# 2nd Poll for P&S Gathering Location



## Thrifty Angler (May 5, 2002)

Seems it's going to be between Sandbridge and Seagull Pier. 
With these two as finalists, lets do another poll to really nail it down.

Two things to keep in mind is that Sandbridge is not handicap accessible (making it difficult for mobility impaired)................and Seagull does not allow alcoholic beverages, at least I don't think it does. 

One more thing..............for those who need to take a nap before hitting the road, there's plenty of room to set up a sleeping bag on Seagull. So.............

take notes from the first poll...... 
http://www.pierandsurf.com/forum/showthread.php?s=&threadid=6013

and...........................

*Let the Voting Begin!*


----------



## the rhondel (Feb 6, 2003)

TA....never heard of a run-off when there was a clear winner in a race.......the R


----------



## Thrifty Angler (May 5, 2002)

*If I read the posts from the first poll correctly.......*

at least one member was unaware there was a curfew at Sandbridge. 

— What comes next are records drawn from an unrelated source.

-- ===== src/Reminders/Handlers.antt =====
-- The reminder handlers of internal/server/reminders.go.
pub mod Laws
pub mod Silent
mod Examples
use Prim.Native.String.{String}
use zymobrew.Base.{
  ℕ, ◌*◌, Bool, true, false, ◌&&◌, not, List, [], ◌∷◌, ◌++◌, Option, none, some, Bytes, codes,
  length, select, is_empty, ltb, ◌==◌, if◌then◌else◌,
}
use zymobrew.Base.Int.{ℤ}
use zymobrew.Page.Order.{oldest_first}
use zymobrew.Page.Listing.{sort_rows}
use zymobrew.Schema.{
  Reminder, ReminderStatus, scheduled, completed, snoozed, dismissed, EventKind, Batch, is_id,
}
use zymobrew.Schema.Labels.{label_value, event_kind_of}
use zymobrew.Store.{
  Db, Reply, done, refused, World, Outage, get_batch_query, create_reminder_query,
  list_reminders_query, update_reminder_query, cancel_reminder_query,
}
use zymobrew.Reminders.{UpdateReminderParams, update_reminder, cancel_reminder, due_key}
use zymobrew.Batches.{get_batch_for_user}
use zymobrew.Batches.Events.{opt_text}
use zymobrew.Batches.Handlers.{cast_label}

abbrev pub max_reminder_title : ℕ
max_reminder_title = 200

abbrev pub max_reminder_desc : ℕ
max_reminder_desc = 2 * 1024

-- The decoded bodies of the two handlers.
pub record CreateReminderRequest : Type 0 where
  pub title : Bytes
  pub description : Bytes
  pub fire_at : Bytes
  pub suggested_event_kind : Option Bytes

pub record UpdateReminderRequest : Type 0 where
  pub title : Option Bytes
  pub description : Option Bytes
  pub fire_at : Option Bytes
  pub status : Option Bytes
  pub suggested_event_kind : Option Bytes

-- The statuses that a user may set.
unfoldable pub allowed_status : Bytes → Option ReminderStatus
unfolding label_value
allowed_status = label_value (
    (codes "scheduled", scheduled)
    ∷ (codes "snoozed", snoozed)
    ∷ (codes "completed", completed)
    ∷ (codes "dismissed", dismissed)
    ∷ [])

abbrev pub longer_than : ℕ → Option Bytes → Bool
longer_than n none = false
longer_than n (some s) = ltb n (length s)

-- The checks on a body that come before its time is parsed.
unfoldable pub create_fault : CreateReminderRequest → Option String
create_fault req =
    if is_empty req.title
    then some "title is required"
    else if ltb max_reminder_title (length req.title)
    then some "title too long"
    else if ltb max_reminder_desc (length req.description)
    then some "description too long"
    else if is_empty req.fire_at
    then some "fire_at is required"
    else none

module _ (w : World) (down : Outage) where
  -- `CreateReminder`: the columns that it leaves out take their defaults.
  unfoldable pub created_reminder : ℕ → ℕ → CreateReminderRequest → ℤ → Option EventKind → Reminder
  unfolding opt_text
  created_reminder user batch req fire_at kind = record {
    id = w.created_reminder_id;
    batch_id = some batch;
    user_id = user;
    template_id = none;
    title = req.title;
    description = opt_text req.description;
    fire_at = fire_at;
    status = scheduled;
    rrule = none;
    fired_at = none;
    completed_at = none;
    suggested_event_kind = kind;
    created_at = w.now;
  }

  unfoldable pub store_reminder : Reminder → Db → Db × Reply Reminder
  store_reminder r db = (record db { reminders = db.reminders ++ r ∷ [] }, done 201 r)

  -- A kind that is no label fails in the query.
  unfoldable pub insert_reminder :
      ℕ → ℕ → CreateReminderRequest → ℤ → Option (Option EventKind) → Db → Db × Reply Reminder
  unfolding store_reminder created_reminder
  insert_reminder user batch req fire_at none db = (db, refused 500 "internal error")
  insert_reminder user batch req fire_at (some kind) db =
      store_reminder (created_reminder user batch req fire_at kind) db

  unfoldable pub create_for :
      ℕ → ℕ → CreateReminderRequest → ℤ → Option Batch → Db → Db × Reply Reminder
  unfolding insert_reminder cast_label
  create_for user id req fire_at none db = (db, refused 404 "not found")
  create_for user id req fire_at (some batch) db =
      if down create_reminder_query
      then (db, refused 500 "internal error")
      else insert_reminder user id req fire_at (cast_label event_kind_of req.suggested_event_kind)
          db

  unfoldable pub create_at : ℕ → ℕ → CreateReminderRequest → Option ℤ → Db → Db × Reply Reminder
  unfolding create_for
  create_at user id req none db = (db, refused 422 "fire_at must be RFC3339")
  create_at user id req (some fire_at) db =
      if down get_batch_query
      then (db, refused 500 "internal error")
      else create_for user id req fire_at (get_batch_for_user id user db.batches) db

  unfoldable pub create_checked :
      ℕ → ℕ → CreateReminderRequest → Option String → Db → Db × Reply Reminder
  unfolding create_at
  create_checked user id req (some fault) db = (db, refused 422 fault)
  create_checked user id req none db = create_at user id req (w.parse_rfc3339 req.fire_at) db

  unfoldable pub handle_create_reminder :
      ℕ → Option ℕ → Option CreateReminderRequest → Db → Db × Reply Reminder
  unfolding create_checked create_fault
  handle_create_reminder user none body db = (db, refused 400 "invalid batch id")
  handle_create_reminder user (some id) none db = (db, refused 400 "invalid json")
  handle_create_reminder user (some id) (some req) db =
      create_checked user id req (create_fault req) db

  -- `ListBatchReminders`; of two reminders at one instant, where the query leaves the order open, the
  -- lower id comes first.
  unfoldable pub handle_list_reminders : ℕ → Option ℕ → Db → Reply (List Reminder)
  unfolding sort_rows
  handle_list_reminders user none db = refused 400 "invalid batch id"
  handle_list_reminders user (some id) db =
      if down get_batch_query
      then refused 500 "internal error"
      else elim (get_batch_for_user id user db.batches) [
        | none ↦ refused 404 "not found"
        | some batch ↦
            if down list_reminders_query
            then refused 500 "internal error"
            else done 200 (
                sort_rows oldest_first due_key (
                  select (λ (r : Reminder). is_id id r.batch_id && r.user_id == user) db.reminders))
      ]

  unfoldable pub patched : List Reminder → Option Reminder → Db → Db × Reply Reminder
  patched rs none db = (record db { reminders = rs }, refused 404 "not found")
  patched rs (some r) db = (record db { reminders = rs }, done 200 r)

  unfoldable pub reminder_params :
      ℕ
      → ℕ
      → UpdateReminderRequest
      → Option ℤ
      → Option ReminderStatus
      → Option EventKind
      → UpdateReminderParams
  reminder_params id user req fire_at status kind = record {
    id = id;
    user_id = user;
    title = req.title;
    description = req.description;
    fire_at = fire_at;
    status = status;
    suggested_event_kind = kind;
  }

  unfoldable pub rewrite_reminder :
      ℕ
      → ℕ
      → UpdateReminderRequest
      → Option ℤ
      → Option ReminderStatus
      → Option (Option EventKind)
      → Db
      → Db × Reply Reminder
  unfolding patched reminder_params
  rewrite_reminder id user req fire_at status none db = (db, refused 500 "internal error")
  rewrite_reminder id user req fire_at status (some kind) db =
      let (rs, r) =
        update_reminder (reminder_params id user req fire_at status kind) db.reminders in
      patched rs r db

  unfoldable pub update_status :
      ℕ
      → ℕ
      → UpdateReminderRequest
      → Option ℤ
      → Option (Option ReminderStatus)
      → Db
      → Db × Reply Reminder
  unfolding rewrite_reminder cast_label
  update_status id user req fire_at none db = (db, refused 422 "invalid status")
  update_status id user req fire_at (some status) db =
      if down update_reminder_query
      then (db, refused 500 "internal error")
      else rewrite_reminder id user req fire_at status
          (cast_label event_kind_of req.suggested_event_kind) db

  unfoldable pub update_time :
      ℕ → ℕ → UpdateReminderRequest → Option (Option ℤ) → Db → Db × Reply Reminder
  unfolding update_status allowed_status cast_label
  update_time id user req none db = (db, refused 422 "fire_at must be RFC3339")
  update_time id user req (some fire_at) db =
      update_status id user req fire_at (cast_label allowed_status req.status) db

  unfoldable pub handle_update_reminder :
      ℕ → Option ℕ → Option UpdateReminderRequest → Db → Db × Reply Reminder
  unfolding update_time cast_label
  handle_update_reminder user none body db = (db, refused 400 "invalid reminder id")
  handle_update_reminder user (some id) none db = (db, refused 400 "invalid json")
  handle_update_reminder user (some id) (some req) db =
      if longer_than max_reminder_title req.title
      then (db, refused 422 "title too long")
      else if longer_than max_reminder_desc req.description
      then (db, refused 422 "description too long")
      else update_time id user req (cast_label w.parse_rfc3339 req.fire_at) db

  unfoldable pub handle_delete_reminder : ℕ → Option ℕ → Db → Db × Reply (Unit {0})
  unfolding cancel_reminder
  handle_delete_reminder user none db = (db, refused 400 "invalid reminder id")
  handle_delete_reminder user (some id) db =
      let (rs, hit) = cancel_reminder id user db.reminders in
      if down cancel_reminder_query
      then (db, refused 500 "internal error")
      else if hit
      then (record db { reminders = rs }, done 204 tt)
      else (db, refused 404 "not found")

So given this.........I feel a new poll is in order. Cause some who may want to change their votes will now have the opportunity to do so. No opportunity to change a first vote on a poll. One basically has to live with their choice. Cause what's written in individual posts probably isn't taken into consideration.

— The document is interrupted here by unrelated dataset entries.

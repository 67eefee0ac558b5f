-- ===== src/Reminders/Handlers/Laws.antt =====
-- How the reminder handlers of internal/server/reminders.go end, and whose rows they touch.
use Prim.Native.String.{String}
use zymobrew.Base.{
  subst, sym, update-unfound, ℕ, ◌≡◌, refl, ◌∙◌, Bool, true, ◌&&◌, not, List, append-nil, Option,
  none, some, select, update, ◌==◌, ==_refl, if_rule, arith, select-append, select-update,
}
use zymobrew.Base.Int.{ℤ}
use zymobrew.Schema.{Reminder, ReminderStatus, cancelled, EventKind, Batch}
use zymobrew.Schema.Labels.{event_kind_of}
use zymobrew.Store.{
  Db, Reply, done, refused, World, Outage, get_batch_query, create_reminder_query,
  update_reminder_query, cancel_reminder_query,
}
use zymobrew.Reminders.{
  UpdateReminderParams, patch_reminder, update_reminder, cancel_reminder, owned_by, is_open,
}
use zymobrew.Batches.{get_batch_for_user}
use zymobrew.Batches.Handlers.{cast_label}
use zymobrew.Batches.Events.Laws.{ErrorKeeps}
use zymobrew.Reminders.Handlers.{
  CreateReminderRequest, UpdateReminderRequest, allowed_status, max_reminder_title,
  max_reminder_desc, longer_than, create_fault, created_reminder, store_reminder, insert_reminder,
  create_for, create_at, create_checked, handle_create_reminder, patched, reminder_params,
  rewrite_reminder, update_status, update_time, handle_update_reminder, handle_delete_reminder,
}

module _ (w : World) (down : Outage) (user : ℕ) (db : Db) where
  -- How the creation of a reminder ends: in a refusal that changes nothing, or with it stored for a
  -- batch of the user's.
  pub reminder_create-cases :
      (P : Db × Reply Reminder → Type 0) (id : Option ℕ) (body : Option CreateReminderRequest)
      → ((s : ℕ) (m : String) → P (db, refused s m))
      → ((i : ℕ) (req : CreateReminderRequest) (t : ℤ) (batch : Batch) (kind : Option EventKind)
          → w.parse_rfc3339 req.fire_at ≡ some t
          → get_batch_for_user i user db.batches ≡ some batch
          → P (store_reminder w down (created_reminder w down user i req t kind) db))
      → P (handle_create_reminder w down user id body db)
  unfolding handle_create_reminder create_checked create_at create_for insert_reminder
  reminder_create-cases P none body fails works = fails 400 _
  reminder_create-cases P (some i) none fails works = fails 400 _
  reminder_create-cases P (some i) (some req) fails works = checked (create_fault req)
    where
      kinds :
          (t : ℤ) (batch : Batch) (kind : Option (Option EventKind))
          → w.parse_rfc3339 req.fire_at ≡ some t
          → get_batch_for_user i user db.batches ≡ some batch
          → P (insert_reminder w down user i req t kind db)
      kinds t batch none p found = fails 500 _
      kinds t batch (some kind) p found = works i req t batch kind p found

      loaded :
          (t : ℤ) (o : Option Batch)
          → w.parse_rfc3339 req.fire_at ≡ some t
          → get_batch_for_user i user db.batches ≡ o
          → P (create_for w down user i req t o db)
      loaded t none p e = fails 404 _
      loaded t (some batch) p e =
          if_rule P (down create_reminder_query) _ _ (λ _. fails 500 _)
            (λ _. kinds t batch (cast_label event_kind_of req.suggested_event_kind) p e)

      timed :
          (o : Option ℤ) → w.parse_rfc3339 req.fire_at ≡ o → P (create_at w down user i req o db)
      timed none p = fails 422 _
      timed (some t) p =
          if_rule P (down get_batch_query) _ _ (λ _. fails 500 _)
            (λ _. loaded t (get_batch_for_user i user db.batches) p refl)

      checked : (o : Option String) → P (create_checked w down user i req o db)
      checked (some fault) = fails 422 fault
      checked none = timed (w.parse_rfc3339 req.fire_at) refl

  update_reminder-unfound :
      (p : UpdateReminderParams)
      → (update_reminder p db.reminders).1 ≡ none
      → (update_reminder p db.reminders).0 ≡ db.reminders
  unfolding update_reminder patch_reminder
  update_reminder-unfound p =
      update-unfound (owned_by p.id p.user_id) (patch_reminder p) (λ r h. h) db.reminders

  -- How the change of a reminder ends: in a refusal that changes nothing, or with the user's reminder
  -- of that id rewritten, to one of the statuses that a user may set.
  pub reminder_update-cases :
      (P : Db × Reply Reminder → Type 0) (id : Option ℕ) (body : Option UpdateReminderRequest)
      → ((s : ℕ) (m : String) → P (db, refused s m))
      → ((i : ℕ) (req : UpdateReminderRequest) (t : Option ℤ) (status : Option ReminderStatus)
            (kind : Option EventKind) (r : Reminder)
          → id ≡ some i
          → body ≡ some req
          → cast_label allowed_status req.status ≡ some status
          → (update_reminder (reminder_params w down i user req t status kind) db.reminders).1
            ≡ some r
          → P (
            record db {
              reminders =
                  (update_reminder
                    (reminder_params w down i user req t status kind)
                    db.reminders).0;
            },
            done 200 r,
          ))
      → P (handle_update_reminder w down user id body db)
  unfolding handle_update_reminder update_time update_status rewrite_reminder patched
  reminder_update-cases P none body fails works = fails 400 _
  reminder_update-cases P (some i) none fails works = fails 400 _
  reminder_update-cases P (some i) (some req) fails works =
      if_rule P (longer_than max_reminder_title req.title) _ _ (λ _. fails 422 _)
        (λ _.
          if_rule P (longer_than max_reminder_desc req.description) _ _ (λ _. fails 422 _)
            (λ _. timed (cast_label w.parse_rfc3339 req.fire_at)))
    where
      back :
          (t : Option ℤ) (status : Option ReminderStatus) (kind : Option EventKind)
          (o : Option Reminder)
          → cast_label allowed_status req.status ≡ some status
          → (update_reminder (reminder_params w down i user req t status kind) db.reminders).1 ≡ o
          → P (
              patched w down
                (update_reminder (reminder_params w down i user req t status kind) db.reminders).0
                o
                db)
      back t status kind none s e =
          subst (λ rs. P (record db { reminders = rs }, refused 404 "not found"))
            (sym (update_reminder-unfound (reminder_params w down i user req t status kind) e))
            (fails 404 _)
      back t status kind (some r) s e = works i req t status kind r refl refl s e

      kinds :
          (t : Option ℤ) (status : Option ReminderStatus) (kind : Option (Option EventKind))
          → cast_label allowed_status req.status ≡ some status
          → P (rewrite_reminder w down i user req t status kind db)
      kinds t status none s = fails 500 _
      kinds t status (some kind) s = back t status kind _ s refl

      labelled :
          (t : Option ℤ) (status : Option (Option ReminderStatus))
          → cast_label allowed_status req.status ≡ status
          → P (update_status w down i user req t status db)
      labelled t none e = fails 422 _
      labelled t (some status) e =
          if_rule P (down update_reminder_query) _ _ (λ _. fails 500 _)
            (λ _. kinds t status (cast_label event_kind_of req.suggested_event_kind) e)

      timed : (t : Option (Option ℤ)) → P (update_time w down i user req t db)
      timed none = fails 422 _
      timed (some t) = labelled t (cast_label allowed_status req.status) refl

  -- If creating, changing or deleting a reminder is answered with an error, the database is
  -- unchanged: whatever the input, and whichever queries fail.
  pub reminder-ErrorKeeps :
      (id batch : Option ℕ) (body : Option CreateReminderRequest)
      (patch : Option UpdateReminderRequest)
      → ErrorKeeps db (handle_create_reminder w down user batch body db)
        × ErrorKeeps db (handle_update_reminder w down user id patch db)
        × ErrorKeeps db (handle_delete_reminder w down user id db)
  unfolding store_reminder handle_delete_reminder
  reminder-ErrorKeeps id batch body patch = (
    reminder_create-cases (ErrorKeeps db) batch body (λ s m. refl) (λ _ _ _ _ _ _ _. tt),
    reminder_update-cases (ErrorKeeps db) id patch (λ s m. refl) (λ _ _ _ _ _ _ _ _ _ _. tt),
    deleted id,
  )
    where
      deleted : (i : Option ℕ) → ErrorKeeps db (handle_delete_reminder w down user i db)
      deleted none = refl
      deleted (some i) =
          if_rule (ErrorKeeps db) (down cancel_reminder_query) _ _ (λ _. refl)
            (λ _.
              if_rule (ErrorKeeps db) (cancel_reminder i user db.reminders).1 _ _ (λ _. tt)
                (λ _. refl))

  -- The reminders of every other user.
  abbrev pub others : List Reminder → List Reminder
  others = select (λ (r : Reminder). not (r.user_id == user))

  abbrev pub ForeignKept : {A : Type 0} → Db × Reply A → Type 0
  ForeignKept out = others out.0.reminders ≡ others db.reminders

  others-update :
      (hit : Reminder → Bool) (f : Reminder → Reminder) (rs : List Reminder)
      → ((r : Reminder) → hit r ≡ true → (r.user_id == user) ≡ true)
      → ((r : Reminder) → (f r).user_id ≡ r.user_id)
      → others (update hit f rs) ≡ others rs
  others-update hit f rs own same =
      select-update (λ (r : Reminder). not (r.user_id == user)) hit f
        (λ r h. (rw (own r h), rw (same r, own r h))) rs

  -- Whatever a user sends and whichever queries fail, creating, changing or deleting a reminder
  -- leaves the reminders of all other users as they were.
  pub reminders_kept :
      (id batch : Option ℕ) (body : Option CreateReminderRequest)
      (patch : Option UpdateReminderRequest)
      → ForeignKept (handle_create_reminder w down user batch body db)
        × ForeignKept (handle_update_reminder w down user id patch db)
        × ForeignKept (handle_delete_reminder w down user id db)
  unfolding store_reminder created_reminder update_reminder patch_reminder reminder_params
      cancel_reminder handle_delete_reminder
  reminders_kept id batch body patch = (
    reminder_create-cases ForeignKept batch body (λ s m. refl)
        (λ i req t b kind _ _.
          select-append (λ (r : Reminder). not (r.user_id == user)) db.reminders _
          ∙ rw (==_refl user) (append-nil (others db.reminders))),
    reminder_update-cases ForeignKept id patch (λ s m. refl)
        (λ i req t status kind r _ _ _ _.
          others-update (owned_by i user)
            (patch_reminder (reminder_params w down i user req t status kind)) db.reminders
            (λ x h. ground (arith, h)) (λ x. refl)),
    deleted id,
  )
    where
      deleted : (i : Option ℕ) → ForeignKept (handle_delete_reminder w down user i db)
      deleted none = refl
      deleted (some i) =
          if_rule ForeignKept (down cancel_reminder_query) _ _ (λ _. refl)
            (λ _.
              if_rule ForeignKept (cancel_reminder i user db.reminders).1 _ _
                (λ _.
                  others-update (λ (r : Reminder). owned_by i user r && is_open r.status)
                    (λ r. record r { status = cancelled }) db.reminders (λ x h. ground (arith, h))
                    (λ x. refl))
                (λ _. refl))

It ain't over til it's over!

Just my 02...


----------



## Thrifty Angler (May 5, 2002)

*One more thing to add to my above post.*

Lesner was to have been the "spot." But given options, some saw in favor of Sandbridge. At the time I submitted "this poll" the votes showed 19 for Sandbridge and 12 for Seagull. If memory serves me correctly...late yesterday afternoon the vote was 9 for Seagull. I believe it didn't change for Sandbridge. This also is a reason why I felt a new poll was in order. Having everyone's final decision is what it's all about. What can it hurt?

It's not like we're voting for President!


----------



## the rhondel (Feb 6, 2003)

Good thinken TA ...prolly a few changed minds after reading thru posts........Personally I want to go where we will have the best chance to catch fish.......I have not seen a POSITIVE post regarding Seagull this year.Sandbridge isnt much better (but a bit) and it seems to me it might be a little late for pups and drummies,spot ,croaker.etc.......The most optimistic location according to previous posts,though I haven't fished it in years,appears to be the base of cbbt (chix beach).I think those that fish it regularly could chime in with their opinion here and help out on the decision.They shouldnt mind a little company for a day....the R


----------



## Thrifty Angler (May 5, 2002)

*Interesting the R*

Just in case Chix is added to the mix...... (Oops) 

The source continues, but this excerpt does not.